In modern times, the Hippocratic Oath has essentially been replaced by more extensive and pragmatic ethical codes issued by national medical associations, such as the AMA Code of Medical Ethics, or the British General Medical Council’s Good Medical Practice. These documents offer a more comprehensive overview of the responsibilities and professional behavior expected of a doctor to their patients and to society, rather than to healing gods and other divinities. As such, in the United States, many of the medical schools use the Osteopathic Oath in place of the Hippocratic Oath.
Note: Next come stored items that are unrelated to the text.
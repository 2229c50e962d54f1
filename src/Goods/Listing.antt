-- ===== src/Goods/Listing.antt =====
-- Single passes over the goods of sgame/saccessory.c and sgame/sweapon.c, and lists around one of
-- their items.
use mathlib.Core.List.{reverse, reverse-cons, reverse-append, reverse-reverse, append_assoc}
use mathlib.Core.Option.{some-injective}
use xscorch.Prelude.{
  ℕ, zero, suc, ◌+◌, ◌≤◌, List, [], ◌∷◌, ◌++◌, Bool, true, ◌&&◌, none, some, ◌≡◌, refl, sym, ◌∙◌,
  ap, arith, Bool-cases, inl, inr, length, filter, head?, filter-append, length-append, get_elem?,
}
use xscorch.Prelude.Int.{ℤ}
use xscorch.HashList.{Item, has_class}
use xscorch.Registry.{Direction}
use xscorch.Registry.Walks.{walk, pass_over}
use xscorch.Goods.{Goods, GoodsConfig, viewable, test_count, test_viewable}

pub head?-get_elem? {ℓ} : {A : Type ℓ} (xs : List A) → head? xs ≡ get_elem? xs 0
head?-get_elem? [] = refl
head?-get_elem? (x ∷ xs) = refl

pub get_elem?-beyond {ℓ} :
    {A : Type ℓ} (xs : List A) (i : ℕ) → length xs ≤ i → get_elem? xs i ≡ none
get_elem?-beyond [] i l = refl
get_elem?-beyond (x ∷ xs) zero l = elim l [ ]
get_elem?-beyond (x ∷ xs) (suc i) l = get_elem?-beyond xs i (omega arith)

pub get_elem?-before {ℓ} :
    {A : Type ℓ} (xs : List A) (i : ℕ) (x : A)
    → get_elem? xs (suc i) ≡ some x
    → (y : A) × (get_elem? xs i ≡ some y)
get_elem?-before [] i x e = cc
get_elem?-before (y ∷ xs) zero x e = (y, refl)
get_elem?-before (y ∷ xs) (suc i) x e = get_elem?-before xs i x e

-- A list around one of its items.
pub get_elem?-split {ℓ} :
    {A : Type ℓ} (test : A → Bool) (xs : List A) (i : ℕ) (x : A)
    → get_elem? (filter test xs) i ≡ some x
    → (front : List A) × (rest : List A) × (xs ≡ front ++ (x ∷ rest))
      × (head? (filter test rest) ≡ get_elem? (filter test xs) (suc i))
get_elem?-split test [] i x e = cc
get_elem?-split test (y ∷ xs) zero x e = elim (Bool-cases (test y)) [
  | inl t ↦
      let same : y ≡ x = some-injective _ _ (rw t at e) in
      ([], xs, ap (λ z. z ∷ xs) same, rw t (head?-get_elem? (filter test xs)))
  | inr t ↦
      let (front, rest, s, h) = get_elem?-split test xs zero x (rw t at e) in
      (y ∷ front, rest, ap (λ r. y ∷ r) s, rw t h)
]
get_elem?-split test (y ∷ xs) (suc i) x e = elim (Bool-cases (test y)) [
  | inl t ↦
      let (front, rest, s, h) = get_elem?-split test xs i x (rw t at e) in
      (y ∷ front, rest, ap (λ r. y ∷ r) s, rw t h)
  | inr t ↦
      let (front, rest, s, h) = get_elem?-split test xs (suc i) x (rw t at e) in
      (y ∷ front, rest, ap (λ r. y ∷ r) s, rw t h)
]

-- The one item that passes a test, in either direction.
pub only_one {ℓ} :
    {A : Type ℓ} (test : A → Bool) (front rest : List A) (x : A)
    → test x ≡ true
    → length (filter test (front ++ (x ∷ rest))) ≤ 1
    → head? (filter test (front ++ (x ∷ rest))) ≡ some x
only_one test [] rest x t l = rw t refl
only_one test (y ∷ front) rest x t l = elim (Bool-cases (test y)) [
  | inl u ↦
      let parts = filter-append test front (x ∷ rest) in
      let sum = length-append (filter test front) (filter test (x ∷ rest)) in
      let two = rw (u, parts, sum) at l in ground arith
  | inr u ↦ rw u (only_one test front rest x t (rw u at l))
]

pub reverse_split {ℓ} :
    {A : Type ℓ} (xs front rest : List A) (x : A)
    → reverse xs ≡ front ++ (x ∷ rest)
    → xs ≡ reverse rest ++ (x ∷ reverse front)
reverse_split xs front rest x e =
    sym (reverse-reverse xs)
    ∙ ap reverse e
    ∙ reverse-append front (x ∷ rest)
    ∙ ap (λ r. r ++ reverse front) (reverse-cons x rest)
    ∙ append_assoc (reverse rest) (x ∷ []) (reverse front)

pub length-filter-reverse {ℓ} :
    {A : Type ℓ} (test : A → Bool) (xs : List A)
    → length (filter test (reverse xs)) ≡ length (filter test xs)
length-filter-reverse test [] = refl
length-filter-reverse test (x ∷ xs) =
    let parts = filter-append test (reverse xs) (x ∷ []) in
    let sum = length-append (filter test (reverse xs)) (filter test (x ∷ [])) in
    let rest = length-filter-reverse test xs in
    rw (reverse-cons x xs, parts, sum, rest) (ground arith)

pub length-reverse {ℓ} : {A : Type ℓ} (xs : List A) → length (reverse xs) ≡ length xs
length-reverse [] = refl
length-reverse (x ∷ xs) =
    rw (reverse-cons x xs) (omega (arith, length-append (reverse xs) (x ∷ []), length-reverse xs))

module _ {κ} {D : Type κ} (goods : Goods D) (config : GoodsConfig D) (flags : ℕ) where
  -- The goods of the class that may be viewed, in the order of the walk.
  abbrev pub listed : Item ℤ D → Bool
  listed item = has_class config.registryclass item && viewable goods config item.value flags

  abbrev pub listing : Direction → List (Item ℤ D)
  listing direction = filter listed (walk direction config.registry.hashlist)

  pub pass_over-count :
      (items : List (Item ℤ D)) (counter : ℕ)
      → pass_over config.registryclass (some (test_count goods config flags)) counter items
        ≡ (none, counter + length (filter listed items))
  unfolding pass_over test_count
  pass_over-count [] counter = ground arith
  pass_over-count (x ∷ items) counter =
      let same = pass_over-count items counter in
      let more = pass_over-count items (suc counter) in
      elim (Bool-cases (has_class config.registryclass x)) [
        | inl c ↦ elim (Bool-cases (viewable goods config x.value flags)) [
          | inl v ↦ rw (c, pass_over, v) (more ∙ ap (λ n. (none, n)) (omega arith))
          | inr v ↦ rw (c, pass_over, v) same
        ]
        | inr c ↦ rw (c, pass_over) same
      ]

  pub pass_over-viewable :
      (items : List (Item ℤ D))
      → pass_over config.registryclass (some (test_viewable goods config flags)) tt items
        ≡ (head? (filter listed items), tt)
  unfolding pass_over test_viewable
  pass_over-viewable [] = refl
  pass_over-viewable (x ∷ items) = elim (Bool-cases (has_class config.registryclass x)) [
    | inl c ↦ elim (Bool-cases (viewable goods config x.value flags)) [
      | inl v ↦ rw (c, pass_over, v) refl
      | inr v ↦ rw (c, pass_over, v) (pass_over-viewable items)
    ]
    | inr c ↦ rw (c, pass_over) (pass_over-viewable items)
  ]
For instance, schools such as, New York Medical College, University of California, or Tulane, have had medical students vow to not discriminate against patients based on “gender, race, religion, or sexual orientation.” Hence, as time passes, many of today’s doctors face various ethical issues that are not included in the Hippocratic Oath. Therein lies the question, “is our society in a post-Hippocratic era?” With a modern society, continuing to evolve, physicians have begun question whether the Hippocratic Oath holds outdated principles. If so, how can medical students incorporate an evolving society to protect patients. Despite this, many providers argue that the Hippocratic Oath epitomizes ideologies of gratitude, beneficence, and humility.
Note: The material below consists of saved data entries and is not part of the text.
-- ===== src/HashList/Removes.antt =====
-- What a removal of sutil/shashlist.c does to the list and to the chains, and what is found.
use mathlib.Core.Option.{some-injective}
use xscorch.Prelude.{
  ℕ, suc, ◌≤◌, ◌<◌, List, [], ◌∷◌, true, false, Option, none, some, ◌≡◌, refl, sym, ◌∙◌, ap, arith,
  ◌==◌, if◌then◌else◌, Bool-cases, Option-cases, inl, inr, get_or, set, length, head?, length-set,
  get_or-set_self, get_or-set_ne,
}
use xscorch.HashList.{
  Keys, Item, HashList, chain_at, find, first_with_key, drop_key, unlink, remove,
}
use xscorch.HashList.Laws.{
  with_id, with_key, IsTable, lookup, first_with_key-head?, drop_key_other, drop_key_same,
}

module _ {ℓ κ} {K : Type ℓ} {D : Type κ} where
  pub with_id-unlink_le :
      (n id : ℕ) (items : List (Item K D))
      → length (with_id n (unlink id items)) ≤ length (with_id n items)
  unfolding unlink
  with_id-unlink_le n id [] = omega arith
  with_id-unlink_le n id (item ∷ items) = ground (arith, with_id-unlink_le n id items)

module _ {ℓ κ} {K : Type ℓ} {D : Type κ} (keys : Keys K) where
  -- Where the one item of a key is unlinked by its address, the key is gone, and all other keys
  -- stay.
  pub head_key :
      (key : K) (items : List (Item K D)) (item : Item K D)
      → head? (with_key keys key items) ≡ some item
      → item.key ≡ key
  head_key key [] item e = cc
  head_key key (x ∷ items) item e = elim (Bool-cases (keys.same x.key key)) [
    | inl s ↦
        let i : some x ≡ some item = rw s at e in
        rw (sym (some-injective _ _ i)) ((keys.same_iff x.key key).0 s)
    | inr s ↦ head_key key items item (rw s at e)
  ]

  has_id :
      (key : K) (items : List (Item K D)) (item : Item K D)
      → head? (with_key keys key items) ≡ some item
      → 0 < length (with_id item.id items)
  has_id key [] item e = cc
  has_id key (x ∷ items) item e = elim (Bool-cases (keys.same x.key key)) [
    | inl s ↦ let i : x ≡ item = some-injective _ _ (rw s at e) in rw (sym i) (ground arith)
    | inr s ↦ let r = has_id key items item (rw s at e) in ground arith
  ]

  nil_of_length : (items : List (Item K D)) → length items ≤ 0 → items ≡ []
  nil_of_length [] h = refl
  nil_of_length (item ∷ items) h = elim h [ ]

  unlink_key :
      (key : K) (items : List (Item K D)) (item : Item K D)
      → head? (with_key keys key items) ≡ some item
      → length (with_key keys key items) ≤ 1
      → length (with_id item.id items) ≤ 1
      → (k : K)
      → with_key keys k (unlink item.id items)
        ≡ (if keys.same key k then [] else with_key keys k items)
  unfolding unlink
  unlink_key key [] item e h i k = cc
  unlink_key key (x ∷ items) item e h i k = elim (Bool-cases (keys.same x.key key)) [
    | inl s ↦
        let it : x ≡ item = some-injective _ _ (rw s at e) in
        let id : x.id == item.id ≡ true = rw (sym it) (ground arith) in
        let kx : x.key ≡ key = (keys.same_iff x.key key).0 s in
        let one : suc (length (with_key keys key items)) ≤ 1 = rw s at h in
        elim (Bool-cases (keys.same key k)) [
          | inl t ↦
              let kk : k ≡ key = sym ((keys.same_iff key k).0 t) in
              rw (id, t, kk) (nil_of_length (with_key keys key items) (omega arith))
          | inr t ↦ let tx : keys.same x.key k ≡ false = rw kx t in rw (id, t, tx) refl
        ]
    | inr s ↦
        let e' : head? (with_key keys key items) ≡ some item = rw s at e in
        let h' : length (with_key keys key items) ≤ 1 = rw s at h in
        let some_id = has_id key items item e' in
        let id : x.id == item.id ≡ false = ground arith in
        let rest = unlink_key key items item e' h' (ground arith) k in
        elim (Bool-cases (keys.same key k)) [
          | inl t ↦
              let kk : k ≡ key = sym ((keys.same_iff key k).0 t) in
              let tx : keys.same x.key k ≡ false = rw kk s in
              let gone = rw t at rest in rw (id, t, tx) gone
          | inr t ↦ let same = rw t at rest in rw (id, t) (ground (arith, same))
        ]
  ]

  pub find-lookup :
      (place : K → ℕ) (t : HashList K D) (key : K)
      → IsTable keys place t
      → find keys place t key ≡ lookup keys t key
  unfolding find
  find-lookup place t key h =
      first_with_key-head? keys key (chain_at place t key) ∙ ap head? (h.chained key)

module _ {ℓ κ} {K : Type ℓ} {D : Type κ} (keys : Keys K) (place : K → ℕ) (t : HashList K D)
    (key : K) (h : IsTable keys place t) where
  abbrev chain : List (Item K D)
  chain = chain_at place t key

  chain_without :
      (k : K)
      → with_key keys k (get_or (set t.hash (place key) (drop_key keys key chain)) (place k) [])
        ≡ (if keys.same key k then [] else with_key keys k t.order)
  chain_without k = elim (Bool-cases (keys.same key k)) [
    | inl s ↦
        let same : k ≡ key = sym ((keys.same_iff key k).0 s) in
        let at_place =
          get_or-set_self t.hash (place key) (drop_key keys key chain) [] (h.placed key) in
        let one : length (with_key keys key chain) ≤ 1 = rw (h.chained key) (h.keyed key) in
        rw (s, same, at_place) (drop_key_same keys key chain one)
    | inr s ↦ elim (Bool-cases (place key == place k)) [
      | inl e ↦
          let p : place k ≡ place key = ground arith in
          let at_place =
            get_or-set_self t.hash (place key) (drop_key keys key chain) [] (h.placed key) in
          let before = rw p at (h.chained k) in
          rw (s, p, at_place) (drop_key_other keys key k chain s ∙ before)
      | inr e ↦
          let at_place =
            get_or-set_ne t.hash (place key) (place k) (drop_key keys key chain) []
              (λ q. ground arith) in
          rw (s, at_place) (h.chained k)
    ]
  ]

  module _ (item : Item K D) (found : lookup keys t key ≡ some item) where
    found_first : first_with_key keys key chain ≡ some item
    found_first = first_with_key-head? keys key chain ∙ ap head? (h.chained key) ∙ found

    without :
        (k : K)
        → with_key keys k (unlink item.id t.order)
          ≡ (if keys.same key k then [] else with_key keys k t.order)
    without = unlink_key keys key t.order item found (h.keyed key) (h.addressed item.id)

    keyed_without : (k : K) → length (with_key keys k (unlink item.id t.order)) ≤ 1
    keyed_without k = let o = h.keyed k in rw (without k) (ground arith)

    pub remove-IsTable : IsTable keys place (remove keys place t key).1
    unfolding remove
    remove-IsTable =
        rw (found_first, remove)
          (record {
            chained = λ k. chain_without k ∙ sym (without k);
            keyed = keyed_without;
            addressed = λ n.
                let a = with_id-unlink_le n item.id t.order in let b = h.addressed n in omega arith;
            placed = λ k. rw (length-set t.hash (place key) (drop_key keys key chain)) (h.placed k);
          })

    -- The item is handed out, and its key is gone; the items of other keys are what they were.
    pub lookup-remove :
        ((remove keys place t key).0 ≡ some item)
        × ((k : K)
            → lookup keys (remove keys place t key).1 k
              ≡ (if keys.same key k then none else lookup keys t k))
    unfolding remove
    lookup-remove = rw (found_first, remove) (refl, λ k. rw (without k) (ground arith))

  -- Where there is no item of the key, nothing happens.
  pub remove-none : lookup keys t key ≡ none → remove keys place t key ≡ (none, t)
  unfolding remove
  remove-none e =
      let n : first_with_key keys key chain ≡ none =
        first_with_key-head? keys key chain ∙ ap head? (h.chained key) ∙ e in
      rw (n, remove) refl

  -- The list, if something was found.
  abbrev pub changed_if : Option (Item K D) → HashList K D → HashList K D
  changed_if none new = t
  changed_if (some item) new = new

  -- A removal hands out what is found under the key; then nothing is found under it, all other keys
  -- give what they gave, and the list and the chains still hold the same items. Where nothing is
  -- found it changes nothing. Assumed: the list and the chains hold the same items, one of each key,
  -- at different addresses.
  pub remove_lem :
      (remove keys place t key
        ≡ (find keys place t key, changed_if (find keys place t key) (remove keys place t key).1))
      × ((k : K)
          → find keys place (remove keys place t key).1 k
            ≡ (if keys.same key k then none else find keys place t k))
      × IsTable keys place (remove keys place t key).1
  remove_lem =
      let at_key = find-lookup keys place t key h in
      elim (Option-cases (find keys place t key)) [
        | inl e ↦
            let nothing = remove-none (sym at_key ∙ e) in
            (rw (e, nothing) refl, λ k. rw nothing (same_key_none e k), rw nothing h)
        | inr (item, e) ↦
            let found = sym at_key ∙ e in
            let table = remove-IsTable item found in
            let (out, look) = lookup-remove item found in
            (
              rw e (ap (λ o. (o, (remove keys place t key).1)) out),
              λ k.
                  find-lookup keys place (remove keys place t key).1 k table
                  ∙ look k
                  ∙ ap (λ r. if keys.same key k then none else r)
                      (sym (find-lookup keys place t k h)),
              table,
            )
      ]
    where
      same_key_none :
          find keys place t key ≡ none
          → (k : K) → find keys place t k ≡ (if keys.same key k then none else find keys place t k)
      same_key_none e k = elim (Bool-cases (keys.same key k)) [
        | inl s ↦
            let same : k ≡ key = sym ((keys.same_iff key k).0 s) in
            rw s (ap (find keys place t) same ∙ e)
        | inr s ↦ rw s refl
      ]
While there is no direct punishment for breaking the Hippocratic Oath, a notable, modern equivalent is ‘medical malpractice’ which carries a wide range of punishments from legal action to civil penalties. Doctors who violate these principles are at risk of being subjected to disciplinary proceedings, including the loss of their license to practice medicine.
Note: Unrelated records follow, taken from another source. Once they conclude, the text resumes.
-- ===== src/Goods/Cycle.antt =====
-- What a round over the goods meets (sgame/saccessory.c, sgame/sweapon.c): their number, and each of
-- them in order.
use mathlib.Core.List.{reverse}
use xscorch.Prelude.{
  get_elem?-within, ℕ, zero, suc, ◌≤◌, ◌<◌, List, [], ◌∷◌, ◌++◌, true, false, Option, none, some,
  ◌≡◌, refl, sym, ◌∙◌, ap, arith, length, get_elem?,
}
use xscorch.Prelude.Int.{ℤ, pos, ltb_ℤ}
use xscorch.HashList.{Item, onward}
use xscorch.HashList.Keyed.{int_keys, find_by_int}
use xscorch.HashList.Laws.{IsTable, with_id, same_refl}
use xscorch.HashList.Removes.{find-lookup}
use xscorch.Registry.{Direction, registry_forward, registry_reverse, data_of}
use xscorch.Registry.Find.{find_first, find_next, data_found, iterate, iter_new}
use xscorch.Registry.Walks.{walk, pass_over, internal_iter_lem, after-split, walk_addressed}
use xscorch.Goods.{
  Goods, GoodsConfig, direction_of, test_count, test_viewable, count, or_first, first, next,
}
use xscorch.Goods.Listing.{
  head?-get_elem?, get_elem?-beyond, get_elem?-before, get_elem?-split, only_one, reverse_split,
  listed, listing, pass_over-count, pass_over-viewable,
}

module _ {κ} {D : Type κ} (goods : Goods D) (config : GoodsConfig D) (flags : ℕ) where
  -- Each good is registered under its own number.
  abbrev pub IsNumbered : List (Item ℤ D) → Type 0
  IsNumbered [] = Unit
  IsNumbered (x ∷ items) =
      (x.key ≡ goods.ident x.value) × (ltb_ℤ x.key (pos 0) ≡ false) × IsNumbered items

  pub numbered_at :
      (front rest : List (Item ℤ D)) (x : Item ℤ D)
      → IsNumbered (front ++ (x ∷ rest))
      → (x.key ≡ goods.ident x.value) × (ltb_ℤ x.key (pos 0) ≡ false)
  numbered_at [] rest x h = (h.0, h.1)
  numbered_at (y ∷ front) rest x h = numbered_at front rest x h.2

  -- The goods from the first on, one by one.
  unfoldable pub visit : (ℤ → ℕ) → ℕ → ℕ → Option (Option D)
  unfolding first next
  visit place fuel zero = first goods config fuel flags
  visit place fuel (suc n) = elim (visit place fuel n) [
    | none ↦ none
    | some none ↦ some none
    | some (some info) ↦ next goods config place fuel info flags
  ]

  module _ (place : ℤ → ℕ) (h : IsTable int_keys place config.registry.hashlist)
      (numbered : IsNumbered config.registry.hashlist.order) (fuel : ℕ)
      (enough : length (walk (direction_of flags) config.registry.hashlist) < fuel) where
    abbrev items : List (Item ℤ D)
    items = walk (direction_of flags) config.registry.hashlist

    order_split :
        (direction : Direction) (front rest : List (Item ℤ D)) (x : Item ℤ D)
        → walk direction config.registry.hashlist ≡ front ++ (x ∷ rest)
        → (front' : List (Item ℤ D)) × (rest' : List (Item ℤ D)) × (config.registry.hashlist.order
            ≡ front' ++ (x ∷ rest'))
    order_split registry_forward front rest x e = (front, rest, e)
    order_split registry_reverse front rest x e =
        (reverse rest, reverse front, reverse_split config.registry.hashlist.order front rest x e)

    pub first_lem :
        first goods config fuel flags
        ≡ some (data_of (get_elem? (listing goods config flags (direction_of flags)) 0))
    unfolding first find_first
    first_lem =
        let walked =
          internal_iter_lem config.registry.hashlist config.registryclass (direction_of flags)
            (some (test_viewable goods config flags)) h.addressed none tt fuel enough
          ∙ ap some (pass_over-viewable goods config flags items) in
        rw walked (
          ap (λ r. some (data_of r))
            (head?-get_elem? (listing goods config flags (direction_of flags))))

    pub found_at :
        (x : Item ℤ D) (front rest : List (Item ℤ D))
        → items ≡ front ++ (x ∷ rest)
        → find_by_int place config.registry.hashlist (goods.ident x.value) ≡ some x
    unfolding find_by_int
    found_at x front rest e =
        let (front', rest', s) = order_split (direction_of flags) front rest x e in
        let (key, positive) = numbered_at front' rest' x (rw (sym s) numbered) in
        let one = rw s at (h.keyed x.key) in
        let it =
          only_one (λ item. int_keys.same item.key x.key) front' rest' x (same_refl int_keys x.key)
            one in
        rw (sym key, positive)
          (find-lookup int_keys place config.registry.hashlist x.key h ∙ rw s it)

    abbrev pub following_good : Option (Item ℤ D) → Option (Option D)
    following_good none = first goods config fuel flags
    following_good (some y) = some (some y.value)

    or_first_lem :
        (o : Option (Item ℤ D))
        → or_first goods config fuel flags (some (data_of o)) ≡ following_good o
    or_first_lem none = refl
    or_first_lem (some y) = refl

    pub next_lem :
        (i : ℕ) (x : Item ℤ D)
        → get_elem? (listing goods config flags (direction_of flags)) i ≡ some x
        → next goods config place fuel x.value flags
          ≡ following_good (get_elem? (listing goods config flags (direction_of flags)) (suc i))
    unfolding next find_next
    next_lem i x e =
        let (front, rest, s, hd) = get_elem?-split (listed goods config flags) items i x e in
        let item = found_at x front rest s in
        let following : onward (some x) items ≡ rest = rw s (
          after-split front rest x (
            rw s at
              (walk_addressed (direction_of flags) config.registry.hashlist h.addressed x.id))) in
        let walked =
          internal_iter_lem config.registry.hashlist config.registryclass (direction_of flags)
            (some (test_viewable goods config flags)) h.addressed (some x) tt fuel enough
          ∙ ap some (
              ap (pass_over config.registryclass (some (test_viewable goods config flags)) tt)
                following)
          ∙ ap some (pass_over-viewable goods config flags rest ∙ ap (λ r. (r, tt)) hd) in
        let answered : find_next place fuel config.registry config.registryclass
              (goods.ident x.value) (direction_of flags) (some (test_viewable goods config flags))
              tt
            ≡ some (
              data_of (get_elem? (listing goods config flags (direction_of flags)) (suc i)),
              tt,
            ) =
          rw (item, find_next) (ap data_found walked) in
        rw (answered, next)
          (or_first_lem (get_elem? (listing goods config flags (direction_of flags)) (suc i)))

    visit_lem :
        (i : ℕ) (x : Item ℤ D)
        → get_elem? (listing goods config flags (direction_of flags)) i ≡ some x
        → visit place fuel i ≡ some (some x.value)
    unfolding visit
    visit_lem zero x e = first_lem ∙ rw e refl
    visit_lem (suc i) x e =
        let (y, f) = get_elem?-before (listing goods config flags (direction_of flags)) i x e in
        rw (visit_lem i y f, visit) (next_lem i y f ∙ rw e refl)

    -- A round over the goods: `first`, and then `next` as many times as there are goods of the class
    -- that may be viewed under the flags, meets the good at each place of their list (or of the list
    -- backwards, as the flags say), each at its turn, and is then back at the first. No walk runs
    -- out of fuel. Assumed: the list and the chains of the registry hold the same items, one of each
    -- key; every good is registered under its own number; the place is on the list; and the fuel is
    -- beyond the length of the list.
    pub visit-IsRound :
        (i : ℕ)
        → i < length (listing goods config flags (direction_of flags))
        → (visit place fuel i
            ≡ some (data_of (get_elem? (listing goods config flags (direction_of flags)) i)))
          × (visit place fuel (length (listing goods config flags (direction_of flags)))
              ≡ first goods config fuel flags)
    unfolding visit
    visit-IsRound i l =
        let (x, e) = get_elem?-within (listing goods config flags (direction_of flags)) i l in
        (
          visit_lem i x e ∙ rw e refl,
          round_end (length (listing goods config flags (direction_of flags))) refl (omega arith),
        )
      where
        round_end :
            (n : ℕ)
            → length (listing goods config flags (direction_of flags)) ≡ n
            → 0 < n
            → visit place fuel n ≡ first goods config fuel flags
        round_end zero e l = elim l [ ]
        round_end (suc n) e l =
            let (x, f) =
              get_elem?-within (listing goods config flags (direction_of flags)) n (omega arith) in
            let beyond =
              get_elem?-beyond (listing goods config flags (direction_of flags)) (suc n)
                (omega arith) in
            rw (visit_lem n x f, visit) (next_lem n x f ∙ rw beyond refl)

-- Where there is memory, the count is the number of goods that may be viewed.
module _ {κ} {D : Type κ} (goods : Goods D) (config : GoodsConfig D) (flags : ℕ)
    (h : (id : ℕ) → length (with_id id config.registry.hashlist.order) ≤ 1) where
  pub count_lem :
      (fuel : ℕ)
      → length config.registry.hashlist.order < fuel
      → count goods config true fuel flags
        ≡ some (length (listing goods config flags registry_forward))
  unfolding count iterate iter_new
  count_lem fuel l =
      let walked =
        internal_iter_lem config.registry.hashlist config.registryclass registry_forward
          (some (test_count goods config flags)) h none 0 fuel l
        ∙ ap some (pass_over-count goods config flags config.registry.hashlist.order 0) in
      rw (walked, count, iterate) (ap some (omega arith))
Overall, what began as an ethical principle in Ancient Greece saw itself transformed frequently through time as a result of contemporary ideals and beliefs. From a prominent idea to a mere formality, the importance of the Hippocratic Oath has fluctuated almost as much as its content. While it may no longer be the central ideal of medical ethics, its ideas have ultimately pioneered modern practices and formed the crux of what we now call medicine. Today, 100% of medical school graduates in the United States swear to some variation of the Hippocratic Oath; therefore, the responsibility to continue to pursue beneficence, compassion, and humility within the field of medicine maintains its utmost significance.

See the Emory Class of 2020 Hippocratic Oath at Emory School of Medicine!
“The Oath of Hippocrates”
As the ancient Greeks swore by their pagan gods, so do I solemnly affirm that as a student in medicine at Emory University, according to my ability and judgment, I will keep this oath and stipulation. I will consider dear to me those who have taught me this art and will impart the precepts and instruction of the profession to all those who qualify as students of the art and agree to the standards of the profession. I will follow that system of regimen, which according to my ability and judgment I consider for the benefit of my patients, and abstain from whatever is deleterious and mischievous. Into whatever house I enter I will go into it for the benefit of the sick, and will abstain from every voluntary act of mischief and corruption. Whatever in connection with my professional practice or not in connection with it, I see or hear in the lives of men and women which ought not be spoken of abroad, I will not divulge, as reckoning that all such should be kept secret. While I continue to keep this oath inviolate, may it be granted to me to enjoy life and the practice of the art, respected by all people in all times, but should I trespass and violate this oath may the reverse be my lot.”